Problem to solve -
Using the entries that follow, write out the line containing "calls-stuck zero c", the line containing "(big : is_bignum digits ≡ true)", and every line between them, exactly and nothing else.

-------- Data shown

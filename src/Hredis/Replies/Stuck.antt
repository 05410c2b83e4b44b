-- ===== src/Hredis/Replies/Stuck.antt =====
-- `GetReply` on a fresh buffer: the types of which the reader does nothing, and big numbers.
use go_mock_redis.Base.{
  ℕ, zero, suc, ◌+◌, ◌-◌, ◌≤◌, ◌≡◌, refl, true, false, Option, none, some, List, [], ◌∷◌, ◌++◌,
  arith, inl, inr, Bool-cases, ltb, leb, ◌==◌, Bytes, length, Run, ok, fault, out_of_range, ◌>>=◌,
}
use go_mock_redis.Base.Signed.{ℤ, pos, negsuc}
use go_mock_redis.Base.Lines.{cut, cut-append}
use go_mock_redis.Hredis.{
  Status, redis_err, redis_ok, no_err, ReplyType, unknown, string, array, integer, nil, status,
  error, double, boolean, dict, collection, bignumber, Task, Makers, Reader, unknown_task, task_at,
  put_task, read_bytes, read_line, slice, move_to_next_task, move_from,
}
use go_mock_redis.Hredis.Items.{
  is_bignum, make_line, deliver, finish_line, line_read, process_line_item,
}
use go_mock_redis.Hredis.Replies.{
  type_of, process_typed, set_type, process_task, process_item, after_item, loop_round,
  process_items, clear_reply, emit, with_task, get_reply,
}

-- The types whose case in `processItem` has no statements.
abbrev pub IsIgnored : ReplyType → Type 0
IsIgnored error = Unit {0}
IsIgnored status = Unit {0}
IsIgnored integer = Unit {0}
IsIgnored double = Unit {0}
IsIgnored nil = Unit {0}
IsIgnored boolean = Unit {0}
IsIgnored string = Unit {0}
IsIgnored array = Unit {0}
IsIgnored dict = Unit {0}
IsIgnored collection = Unit {0}
IsIgnored _ = ⊥

abbrev pub typed : ReplyType → Task
typed tp = record { tp = tp; idx = 0; elements = pos 0 }

module _ {Obj : Type 0} where
  -- A reader at its first task, in no error.
  abbrev pub reader : Bytes → (position rest : ℕ) → (bound : ℤ) → List Task → Reader Obj
  reader buf position rest bound tasks = record {
    err = no_err;
    err_str = [];
    buf = buf;
    pos = position;
    len = rest;
    max_elements = bound;
    r_idx = pos 0;
    task = tasks;
    reply = none;
  }

-- So many calls in a row.
unfoldable pub calls : {Obj : Type 0} → Makers Obj → ℕ → Reader Obj → Run (Status × Reader Obj)
unfolding get_reply
calls f zero r = get_reply f r
calls f (suc n) r = get_reply f r >>= λ (result, r'). calls f n r'

read_type :
    (Obj : Type 0) (c : ℕ) (s : Bytes) (bound : ℤ) (tasks : List Task)
    → read_bytes 1 (reader {Obj = Obj} (c ∷ s) 0 (suc (length s)) bound tasks)
      ≡ ok (some (c ∷ []), reader (c ∷ s) 1 (length s) bound tasks)
unfolding read_bytes slice
read_type Obj c s bound tasks =
    let a : ltb (suc (length s)) 1 ≡ false = ground arith in
    let b : leb 1 (suc (length s)) ≡ true = ground arith in
    let d : suc (length s) - 1 ≡ length s = omega arith in rw (a, b, d) refl

module _ {Obj : Type 0} (f : Makers Obj) where
  typed-ignored :
      (tp : ReplyType) (r : Reader Obj) → IsIgnored tp → process_typed f tp r ≡ ok (redis_err, r)
  unfolding process_typed
  typed-ignored error r h = refl
  typed-ignored status r h = refl
  typed-ignored integer r h = refl
  typed-ignored double r h = refl
  typed-ignored nil r h = refl
  typed-ignored boolean r h = refl
  typed-ignored string r h = refl
  typed-ignored array r h = refl
  typed-ignored dict r h = refl
  typed-ignored collection r h = refl
  typed-ignored _ r h = elim h [ ]

  task-ignored :
      (tp : ReplyType) (t : Task) (r : Reader Obj)
      → IsIgnored tp
      → process_task f tp t r ≡ ok (redis_err, r)
  unfolding process_task
  task-ignored unknown t r h = elim h [ ]
  task-ignored other t r h = typed-ignored other r h

  module _ (buf : Bytes) (bound : ℤ) (tp : ReplyType) (ignored : IsIgnored tp) where
    -- The type is known and nothing is done with it.
    again :
        (position rest : ℕ)
        → position ≤ 1024
        → get_reply f (reader buf position rest bound (typed tp ∷ []))
          ≡ ok (redis_ok, reader buf position rest bound (typed tp ∷ []))
    unfolding get_reply process_items loop_round after_item process_item task_at emit clear_reply
        with_task
    again position rest h =
        let small : ltb 1024 position ≡ false = ground arith in
        let r = reader buf position rest bound (typed tp ∷ []) in
        elim (Bool-cases (rest == 0)) [
          | inl e ↦ rw e refl
          | inr e ↦ rw (e, task-ignored tp (typed tp) r ignored, ◌>>=◌, small) refl
        ]

    again_all :
        (n position rest : ℕ)
        → position ≤ 1024
        → calls f n (reader buf position rest bound (typed tp ∷ []))
          ≡ ok (redis_ok, reader buf position rest bound (typed tp ∷ []))
    unfolding calls
    again_all zero position rest h = again position rest h
    again_all (suc n) position rest h =
        rw (again position rest h, ◌>>=◌) (again_all n position rest h)

  first_call :
      (c : ℕ) (s : Bytes) (bound : ℤ) (tp : ReplyType)
      → type_of c ≡ some tp
      → IsIgnored tp
      → get_reply f (reader (c ∷ s) 0 (suc (length s)) bound [])
        ≡ ok (redis_ok, reader (c ∷ s) 1 (length s) bound (typed tp ∷ []))
  unfolding get_reply process_items loop_round after_item process_item task_at emit clear_reply
      with_task process_task set_type put_task
  first_call c s bound tp e h =
      let filled : (suc (length s) == 0) ≡ false = ground arith in
      let r = reader (c ∷ s) 1 (length s) bound (typed tp ∷ []) in
      rw
        (
          filled,
          read_type Obj c s bound (unknown_task ∷ []),
          ◌>>=◌,
          set_type,
          e,
          typed-ignored tp r h,
          ◌>>=◌,
        )
        refl

  -- A reader without an error and without a task, whose buffer begins with the type byte of an
  -- error, a status, an integer, a double, a nil, a bool, a string, an array, a map or a set,
  -- makes no progress: the first call of `GetReply` takes the type byte, and every later call
  -- reports success and leaves the reader as it is.
  pub calls-stuck :
      (n c : ℕ) (s : Bytes) (bound : ℤ) (tp : ReplyType)
      → type_of c ≡ some tp
      → IsIgnored tp
      → calls f n (reader (c ∷ s) 0 (suc (length s)) bound [])
        ≡ ok (redis_ok, reader (c ∷ s) 1 (length s) bound (typed tp ∷ []))
  unfolding calls
  calls-stuck zero c s bound tp e h = first_call c s bound tp e h
  calls-stuck (suc n) c s bound tp e h =
      rw (first_call c s bound tp e h, ◌>>=◌)
        (again_all (c ∷ s) bound tp h n 1 (length s) (omega arith))

  -- A big number that is complete, and that a function makes an object of.
  module _ (make : Task → Bytes → ℕ → Option Obj) (given : f.create_string ≡ some make)
      (digits rest : Bytes) (bound : ℤ) (obj : Obj) (line : cut digits ≡ none)
      (big : is_bignum digits ≡ true)
      (object : make (typed bignumber) digits (length digits) ≡ some obj) where
    abbrev text : Bytes
    text = b'(' ∷ (digits ++ (13 ∷ 10 ∷ rest))

    number_item :
        (n : ℕ)
        → process_line_item f (reader text 1 n bound (typed bignumber ∷ []))
          ≡ ok (
            redis_ok,
            record (reader text (1 + (length digits + 2)) n bound (typed bignumber ∷ [])) {
              r_idx = negsuc 0;
              reply = some obj;
            },
          )
    unfolding process_line_item task_at read_line line_read make_line finish_line deliver
        move_to_next_task move_from
    number_item n =
        let inside : ltb (suc (length (digits ++ (13 ∷ 10 ∷ rest)))) 1 ≡ false = ground arith in
        rw (inside, cut-append digits rest line, big, given, object) refl

    get_reply-bignumber : get_reply f (reader text 0 (length text) bound []) ≡ fault out_of_range
    unfolding get_reply process_items loop_round after_item process_item task_at emit clear_reply
        with_task process_task set_type put_task type_of process_typed
    get_reply-bignumber =
        let n = length (digits ++ (13 ∷ 10 ∷ rest)) in
        let filled : (suc n == 0) ≡ false = ground arith in
        rw
          (
            filled,
            read_type Obj b'(' (digits ++ (13 ∷ 10 ∷ rest)) bound (unknown_task ∷ []),
            ◌>>=◌,
            number_item n,
          )
          refl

----------------

Output for this exercise -
  calls-stuck zero c s bound tp e h = first_call c s bound tp e h
  calls-stuck (suc n) c s bound tp e h =
      rw (first_call c s bound tp e h, ◌>>=◌)
        (again_all (c ∷ s) bound tp h n 1 (length s) (omega arith))

  -- A big number that is complete, and that a function makes an object of.
  module _ (make : Task → Bytes → ℕ → Option Obj) (given : f.create_string ≡ some make)
      (digits rest : Bytes) (bound : ℤ) (obj : Obj) (line : cut digits ≡ none)
      (big : is_bignum digits ≡ true)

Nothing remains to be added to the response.